Segment Start: Data records
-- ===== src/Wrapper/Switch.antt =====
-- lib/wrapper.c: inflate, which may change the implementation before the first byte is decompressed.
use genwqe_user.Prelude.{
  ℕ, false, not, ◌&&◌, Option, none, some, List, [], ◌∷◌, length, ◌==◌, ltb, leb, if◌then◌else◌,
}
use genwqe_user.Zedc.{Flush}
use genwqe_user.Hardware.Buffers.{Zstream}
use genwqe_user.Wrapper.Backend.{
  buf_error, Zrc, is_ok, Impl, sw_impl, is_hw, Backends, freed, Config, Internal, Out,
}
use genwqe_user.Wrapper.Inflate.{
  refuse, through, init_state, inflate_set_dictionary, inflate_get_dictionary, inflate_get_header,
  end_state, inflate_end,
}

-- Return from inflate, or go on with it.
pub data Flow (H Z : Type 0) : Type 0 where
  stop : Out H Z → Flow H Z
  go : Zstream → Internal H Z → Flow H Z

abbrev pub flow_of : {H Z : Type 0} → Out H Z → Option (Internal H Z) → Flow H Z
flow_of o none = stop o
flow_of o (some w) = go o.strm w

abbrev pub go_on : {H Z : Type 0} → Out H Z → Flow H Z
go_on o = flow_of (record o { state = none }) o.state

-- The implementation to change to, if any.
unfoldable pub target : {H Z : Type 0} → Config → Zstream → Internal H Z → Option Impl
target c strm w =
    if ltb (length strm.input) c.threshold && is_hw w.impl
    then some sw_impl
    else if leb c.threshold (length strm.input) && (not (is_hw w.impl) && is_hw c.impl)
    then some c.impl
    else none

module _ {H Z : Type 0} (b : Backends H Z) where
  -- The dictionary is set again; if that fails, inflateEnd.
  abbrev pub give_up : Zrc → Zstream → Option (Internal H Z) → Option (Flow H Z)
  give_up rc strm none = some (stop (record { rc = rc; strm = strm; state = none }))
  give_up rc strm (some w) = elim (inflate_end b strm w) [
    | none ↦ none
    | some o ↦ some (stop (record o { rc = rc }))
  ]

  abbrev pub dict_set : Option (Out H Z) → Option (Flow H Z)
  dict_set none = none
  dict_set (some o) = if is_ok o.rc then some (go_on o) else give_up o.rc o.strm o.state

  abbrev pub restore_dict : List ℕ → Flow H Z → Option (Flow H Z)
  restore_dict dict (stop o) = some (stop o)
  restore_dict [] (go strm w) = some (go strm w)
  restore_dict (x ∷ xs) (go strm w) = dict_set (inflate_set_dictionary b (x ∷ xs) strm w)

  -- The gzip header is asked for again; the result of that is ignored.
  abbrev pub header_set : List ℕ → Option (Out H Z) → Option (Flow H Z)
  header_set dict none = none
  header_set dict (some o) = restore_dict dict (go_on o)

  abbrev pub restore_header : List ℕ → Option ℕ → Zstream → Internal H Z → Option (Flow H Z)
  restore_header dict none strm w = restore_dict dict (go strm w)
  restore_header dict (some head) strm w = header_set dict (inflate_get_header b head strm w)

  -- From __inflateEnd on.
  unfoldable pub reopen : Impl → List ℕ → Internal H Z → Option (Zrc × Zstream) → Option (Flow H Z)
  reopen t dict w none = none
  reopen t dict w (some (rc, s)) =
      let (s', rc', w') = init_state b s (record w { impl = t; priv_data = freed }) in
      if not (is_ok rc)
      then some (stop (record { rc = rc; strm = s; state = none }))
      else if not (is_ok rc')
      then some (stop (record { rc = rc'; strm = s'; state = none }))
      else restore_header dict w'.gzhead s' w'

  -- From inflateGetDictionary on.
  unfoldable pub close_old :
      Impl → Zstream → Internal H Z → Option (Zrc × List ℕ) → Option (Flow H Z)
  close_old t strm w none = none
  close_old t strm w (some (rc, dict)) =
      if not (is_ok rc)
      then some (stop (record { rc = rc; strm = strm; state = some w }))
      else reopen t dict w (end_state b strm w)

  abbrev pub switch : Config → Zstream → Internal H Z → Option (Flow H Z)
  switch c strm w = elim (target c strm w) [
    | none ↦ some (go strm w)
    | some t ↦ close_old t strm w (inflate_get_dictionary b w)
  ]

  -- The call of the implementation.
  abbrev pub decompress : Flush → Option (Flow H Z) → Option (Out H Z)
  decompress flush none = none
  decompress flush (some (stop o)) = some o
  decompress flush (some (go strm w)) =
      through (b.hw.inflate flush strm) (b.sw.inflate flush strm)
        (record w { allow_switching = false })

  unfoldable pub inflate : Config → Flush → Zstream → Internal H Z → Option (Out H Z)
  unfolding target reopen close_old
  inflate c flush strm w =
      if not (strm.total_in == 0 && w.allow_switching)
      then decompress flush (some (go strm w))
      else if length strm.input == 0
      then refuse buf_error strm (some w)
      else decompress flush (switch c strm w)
Segment End: Data records
Segment Start: Data records
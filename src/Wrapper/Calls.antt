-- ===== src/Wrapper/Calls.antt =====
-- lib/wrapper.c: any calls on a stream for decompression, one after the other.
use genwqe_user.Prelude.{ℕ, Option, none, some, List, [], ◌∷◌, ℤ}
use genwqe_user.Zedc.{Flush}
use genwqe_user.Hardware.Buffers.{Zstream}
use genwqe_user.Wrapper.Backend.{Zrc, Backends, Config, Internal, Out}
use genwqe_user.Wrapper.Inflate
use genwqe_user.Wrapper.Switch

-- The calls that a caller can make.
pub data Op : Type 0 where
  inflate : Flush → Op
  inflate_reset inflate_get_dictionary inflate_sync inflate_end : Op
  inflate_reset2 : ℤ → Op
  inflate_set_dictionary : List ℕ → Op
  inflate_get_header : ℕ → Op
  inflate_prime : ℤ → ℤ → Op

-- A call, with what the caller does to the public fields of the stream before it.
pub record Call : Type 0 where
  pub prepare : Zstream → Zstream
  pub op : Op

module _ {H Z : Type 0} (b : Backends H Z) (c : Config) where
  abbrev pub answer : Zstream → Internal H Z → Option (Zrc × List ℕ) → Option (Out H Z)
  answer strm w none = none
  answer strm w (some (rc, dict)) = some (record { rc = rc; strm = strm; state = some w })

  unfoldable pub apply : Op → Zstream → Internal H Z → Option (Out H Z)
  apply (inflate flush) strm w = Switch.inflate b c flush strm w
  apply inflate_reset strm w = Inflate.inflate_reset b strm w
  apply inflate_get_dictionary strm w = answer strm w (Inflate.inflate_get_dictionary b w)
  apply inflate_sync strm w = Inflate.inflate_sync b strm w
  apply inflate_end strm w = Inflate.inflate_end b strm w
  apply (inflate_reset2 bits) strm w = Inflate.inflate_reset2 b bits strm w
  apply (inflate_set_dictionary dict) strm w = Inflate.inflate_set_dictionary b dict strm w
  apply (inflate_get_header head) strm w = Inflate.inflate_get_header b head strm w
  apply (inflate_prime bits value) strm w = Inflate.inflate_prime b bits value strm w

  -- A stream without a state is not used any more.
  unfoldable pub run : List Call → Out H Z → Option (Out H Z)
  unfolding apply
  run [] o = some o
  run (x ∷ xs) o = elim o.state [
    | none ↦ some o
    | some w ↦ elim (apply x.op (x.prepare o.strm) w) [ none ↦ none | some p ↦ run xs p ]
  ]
Segment End: Data records
### [What to produce]
Give the exact lines, and only those, from the line containing "switch c strm w = elim" through the line containing "abbrev pub decompress" in the entries above.

### [Solved problem]
  switch c strm w = elim (target c strm w) [
    | none ↦ some (go strm w)
    | some t ↦ close_old t strm w (inflate_get_dictionary b w)
  ]

  -- The call of the implementation.
  abbrev pub decompress : Flush → Option (Flow H Z) → Option (Out H Z)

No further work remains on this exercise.